Apesar de uma recepção inicial mista, o terror slasher Os estranhos, lançado em 2008, foi um grande sucesso comercial e acabou se tornando ao longo do tempo uma referência contemporânea no subgênero de assassinos mascarados. Descrito como inspirado em uma história real, o filme dirigido por Bryan Bertino (sua estreia em longa-metragem) tratava de um casal passando por uma noite difícil após o namorado (Scott Speedman) pedir em casamento a namorada (Liv Tyler) e ela não aceitar. Chegando à casa de veraneio para descansar, os dois são surpreendidos por um trio de psicopatas que passa a tentar entrar na casa.
Em 2018 foi lançada uma sequência sem ligação direta e sob o comando de Johanes Roberts, Os estranhos: caçada noturna, que repensava o clima carregado do original a partir de uma chave de slasher oitentista, com perseguições abertas, uso intenso de trilha musical e citações claras a outros filmes do gênero. E agora a franquia lança um plano inusitado de trilogia, com os três gravados simultaneamente e o primeiro, Os estranhos: capítulo 1 entrando em cartaz hoje nos cinemas.
O casal da vez é interpretado por Froy Gutierrez e Madelaine Petsch, dois jovens que estão comemorando seus cinco anos de namoro e embarcam numa viagem de carro. Em um vilarejo desconhecido, o veículo quebra e eles precisam ficar instalados em um Airbnb - e rapidamente o pesadelo começa, para os personagens e para o espectador.
Nos primeiros 15 minutos, mesmo com uma aparência genérica, dá pra sentir o filme ensaiando uma contextualização mínima daquele ambiente e de algo que supostamente seria (ou será) desenvolvido nos próximos filmes. Quando algumas referências passam a se amontoar e o filme entra na cabana, porém, Renny Harlin (famoso por dirigir continuações como Duro de matar 2, A hora do pesadelo 4, Exorcista: O início) basicamente refaz o filme original só que sem atmosfera de perigo, sem qualquer ideia visual interessante que dê alguma cara ao filme, sem nenhum interesse pela violência/brutalidade da situação e tampouco em transformar aquilo tudo numa sátira (o que seria um caminho fácil, mas ao menos seria um caminho).
O casal se esforça bem pra dar credibilidade aos personagens e reagir ao terror, mas tudo o que o primeiro filme tinha de econômico no drama de Liv Tyler e Scott Speedman esse só faz enrolar porque basicamente não faz a menor ideia do que fazer com os vilões.

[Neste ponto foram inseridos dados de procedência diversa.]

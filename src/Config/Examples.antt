-- ===== src/Config/Examples.antt =====
-- The theorems about the shard count and the validation at a concrete configuration.
use opentelemetry_c_wrapper.Prelude.{
  ℕ, ◌≤◌, ◌≡◌, refl, Bool, true, false, List, [], ◌∷◌, none, some, arith,
}
use opentelemetry_c_wrapper.Handle.{bad_shards, otel_handle, otel_handle_init}
use opentelemetry_c_wrapper.Heap.{Heap}
use opentelemetry_c_wrapper.Naming.Resolve.{Fits}
use opentelemetry_c_wrapper.Naming.{
  Text, is_valid, probe_nstate, exists_cut, named, unnamed, join, has_percent,
}
use opentelemetry_c_wrapper.Config.{
  Settings, Found, missing, text, load_handle_map_shards, lib_shutdown, context_name, cfg_validate,
  signals_resolve, is_failure,
}
use opentelemetry_c_wrapper.Config.Shards.{IsUsable, load-Builds}
use opentelemetry_c_wrapper.Config.Validate.{AreServed, AreUsable, cfg_validate-AreServed}

abbrev settings : Settings
settings = record { map_shards = 256; applied = false }

settings-IsUsable : IsUsable settings
unfolding bad_shards
settings-IsUsable = record { accepted = refl; bounded = omega arith }

abbrev eight : Found
eight = text (record { whole = true; failed = false; negative = false; magnitude = 8 })

load-Builds_example :
    let n = (load_handle_map_shards eight true settings).1.map_shards in
    (otel_handle {V = ℕ} n ≡ some (otel_handle_init n))
    × (n ≤ 65536)
    × IsUsable (lib_shutdown settings)
load-Builds_example = load-Builds eight true settings settings-IsUsable

abbrev everything : Text → Bool
everything path = true

abbrev bases : List Text
bases = (47 ∷ 97 ∷ []) ∷ (47 ∷ 98 ∷ []) ∷ []

accepted : (cfg_validate true (some everything) missing bases none settings).0 ≡ true
unfolding cfg_validate load_handle_map_shards signals_resolve context_name is_failure probe_nstate
    exists_cut named unnamed is_valid join has_percent
accepted = refl

abbrev heap : Heap
heap = record { next = 1; live = []; answers = []; bad_frees = 0 }

bases-AreUsable : AreUsable everything bases (context_name none)
unfolding AreUsable Fits is_valid context_name join
bases-AreUsable = (
  refl,
  (omega arith, omega arith, omega arith),
  (refl, (omega arith, omega arith, omega arith), tt),
)

cfg_validate-AreServed_example :
    AreServed everything heap bases (context_name none)
    × ((cfg_validate true (some everything) missing bases none settings).1 ≡ settings)
cfg_validate-AreServed_example =
    cfg_validate-AreServed everything missing bases none settings heap bases-AreUsable refl accepted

Na falta dessa ideia, ele fica nesse jogo de referências ao original (as perguntas por Tamara, o celular que some, o tiro errado, a caminhonete dos mascarados, o clímax com as cadeiras amarradas) e é incapaz de tomar qualquer decisão arriscada ou explorar alguma possibilidade nova.
Assistir ao filme de 2008 e a sequência autônoma e subestimada de 2018 é um exercício interessante porque eles partem da mesma premissa para, no primeiro, trabalhar com o terror psicológico do home invasion e, no segundo, criar um jogo de gato e rato à John Carpenter assumindo o slasher de vez. O filme de 2018, aliás, era um bom exemplo de como pegar uma ideia e brincar com ela sem abandonar o conceito central. Todo o terceiro ato daquele filme sozinho tinha mais ideias, tensão e divertimento do que qualquer coisa dessa refilmagem de Harlin.
Com todos os seus incontáveis problemas, O exorcista: O devoto, de David Gordon Green, outro péssimo começo de trilogia, ao menos tinha algumas tentativas claras - nenhuma funcionava e o resultado era uma bagunça, mas existia um esforço ali, um caos de temas e possibilidades formais. Aqui em Os estranhos: capítulo 1 não há quase nada, nem mesmo um gancho verdadeiro para a sequência, a ser lançada supostamente ainda esse ano.